With massive losses encountered in the past years and the escalating competition in the auto industry, General Motors Corp. has to exert every effort to return to profitability.
Watchers in the industry say the Detroit automaker has to concentrate on the American market. And GM officials are aware of that end. GM Vice Chairman Fritz Henderson said last Tuesday that the company is still falling well short of a full-fledged turnaround.
"We've improved a lot from 2005. But if you look at 2005, it was a disaster," Henderson noted during an Automotive Press Association luncheon in Detroit. "Improvement is not the goal."
GM reported notable growth in some emerging markets such as Brazil, China and India. It is not enough, nonetheless. Time and again, GM has been growing in foreign markets, with 59 percent of its sales now outside America.
"We've got to get the job done in the United States," noted Henderson. "The emerging markets cannot carry GM."
The automaker is expected to be backed by its rigorous restructure strategies. But previous problems such as sales doldrums in North America, fluctuation, and escalating health costs continue to put a dent on GM's reputation.
It can be recalled that the automakers former lending arm inked steep losses in the past. More strictly observed, on the other hand, will be the company's operating margin in North America, where the automaker has racked up losses for nearly two years straight, according to the Detroit News. It's like the automaker is under giant , where close scrutiny is effortless.
"To turn those losses around GM will stick to the same strategy it laid out two years ago: toeing the line on less-profitable daily rental sales and discounts, while leveraging global resources to deliver must-have products," Henderson said. "This is not a business known for revolutionary strategy - it's about who executes best."
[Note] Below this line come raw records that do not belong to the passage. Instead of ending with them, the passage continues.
-- ===== src/WorkerWs/Connections.antt =====
-- Who may connect as a worker, and what becomes of a connection that is replaced.
use yuzu_agent_webrtc_toy.Prelude.{ℕ, ◌≡◌, refl, sym, subst, true, false, Option, none, some, arith}
use yuzu_agent_webrtc_toy.Prelude.Int.{ℤ}
use yuzu_agent_webrtc_toy.Text.{Str, codes, str_eq_refl, is_empty}
use yuzu_agent_webrtc_toy.Maps.{lookup, lookup-delete}
use yuzu_agent_webrtc_toy.Clock.{Time}
use yuzu_agent_webrtc_toy.Store.{get_session, Session}
use yuzu_agent_webrtc_toy.Auth.{
  Crypto, Validation, valid, err_token_format, err_token_sig, err_token_exp, err_token_sid, is_late,
  skew_of, validate_worker_token,
}
use yuzu_agent_webrtc_toy.Auth.Tokens.{IsAccepted, validate_worker_token-IsAccepted}
use yuzu_agent_webrtc_toy.WorkerWs.{
  Server, admitted, strip_prefix, is_valid, admit_bearer, admit_known, admit, connect, disconnect,
  send_json, is_some,
}

-- A valid answer, with its session and its expiry.
record Valid (v : Validation) : Type 0 where
  sid : Str
  exp : ℤ
  answer : v ≡ valid sid exp

is_valid-Valid : (v : Validation) → is_valid v ≡ true → Valid v
is_valid-Valid (valid sid exp) h = record { sid = sid; exp = exp; answer = refl }
is_valid-Valid err_token_format h = ground arith
is_valid-Valid err_token_sig h = ground arith
is_valid-Valid err_token_exp h = ground arith
is_valid-Valid err_token_sid h = ground arith

-- A request that may connect: its session is in the store, and its bearer token is signed with the
-- configured secret for that session and is not late.
pub record MayConnect (c : Crypto) (s : Server) (session_id authz : Str) (now : Time) : Type 0 where
  pub session : Session
  pub token : Str
  pub exp : ℤ
  pub known : get_session s.store session_id ≡ some session
  pub bearer : strip_prefix (codes "Bearer ") authz ≡ some token
  pub has_secret : is_empty s.cfg.token_secret ≡ false
  pub accepted : IsAccepted c s.cfg.token_secret token session_id exp
  pub timely : is_late exp (skew_of s.cfg.token_skew_secs) now ≡ false

module _ (c : Crypto) (s : Server) (session_id authz : Str) (now : Time) where
  admit_bearer-MayConnect :
      (session : Session) (token : Option Str) (sid : Str)
      → is_empty session_id ≡ false
      → get_session s.store session_id ≡ some session
      → strip_prefix (codes "Bearer ") authz ≡ token
      → admit_bearer c s session_id token now ≡ admitted sid
      → (sid ≡ session_id) × MayConnect c s session_id authz now
  unfolding admit_bearer
  admit_bearer-MayConnect session none sid ne k b h = ground arith
  admit_bearer-MayConnect session (some token) sid ne k b h =
      let secret = s.cfg.token_secret in
      let answer = validate_worker_token c secret token session_id now s.cfg.token_skew_secs in
      let tests : (is_empty secret ≡ false) × (is_valid answer ≡ true) × (session_id ≡ sid) =
        ground arith in
      let v = is_valid-Valid answer tests.1 in
      let (accepted, late, own) =
        validate_worker_token-IsAccepted c secret token session_id v.sid v.exp now
          s.cfg.token_skew_secs v.answer in
      (
        sym tests.2,
        record {
          session = session;
          token = token;
          exp = v.exp;
          known = k;
          bearer = b;
          has_secret = tests.0;
          accepted = subst (λ (x : Str). IsAccepted c secret token x v.exp) (own ne) accepted;
          timely = late;
        },
      )

  admit_known-MayConnect :
      (known : Option Session) (sid : Str)
      → is_empty session_id ≡ false
      → get_session s.store session_id ≡ known
      → admit_known c s session_id authz now (is_some known) ≡ admitted sid
      → (sid ≡ session_id) × MayConnect c s session_id authz now
  unfolding admit_known
  admit_known-MayConnect none sid ne k h = ground arith
  admit_known-MayConnect (some session) sid ne k h =
      admit_bearer-MayConnect session (strip_prefix (codes "Bearer ") authz) sid ne k refl h

-- A worker is admitted only for the session that it asks for, and only where the store has that session
-- and the worker shows a token that is signed with the configured secret, which is not empty, for that
-- session, and is not late.
pub admit-MayConnect :
    (c : Crypto) (s : Server) (session_id authz sid : Str) (now : Time)
    → admit c s session_id authz now ≡ admitted sid
    → (sid ≡ session_id) × MayConnect c s session_id authz now
unfolding admit
admit-MayConnect c s session_id authz sid now h =
    let tests : (is_empty session_id ≡ false)
        × (admit_known c s session_id authz now (is_some (get_session s.store session_id))
            ≡ admitted sid) =
      ground arith in
    admit_known-MayConnect c s session_id authz now (get_session s.store session_id) sid tests.0
      refl tests.1

-- Where the connection of a session was replaced, the end of the replaced connection removes the new
-- one: whatever a write to it would give, each later message to the worker, which is still connected,
-- is not sent and is reported as sent.
pub replaced_connection_is_lost :
    (s : Server) (session_id : Str) (first second : ℕ) (t0 t1 t2 : Time) (write : Option Str)
    → let s' =
        disconnect (connect (connect s session_id first t0) session_id second t1) session_id t2 in
      (lookup session_id s'.conns ≡ none) × (send_json (lookup session_id s'.conns) write ≡ none)
unfolding disconnect send_json
replaced_connection_is_lost s session_id first second t0 t1 t2 write =
    let conns = (connect (connect s session_id first t0) session_id second t1).conns in
    rw (lookup-delete session_id session_id conns, str_eq_refl session_id) (refl, refl)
In America, economy is not expected to provide the indispensable help. Henderson said that he sees more potential for risk in 2008 than an economic upside, though he predicts a recession is unlikely.
GM has improved essentially every aspect of its business and is even making progress in stabilizing market share in the United States, the area in which the automaker has struggled most, said analyst David Healey of Burnham Securities.
"The stock market," concluded Healey, "is ignoring an $8 billion turnaround in their profitability."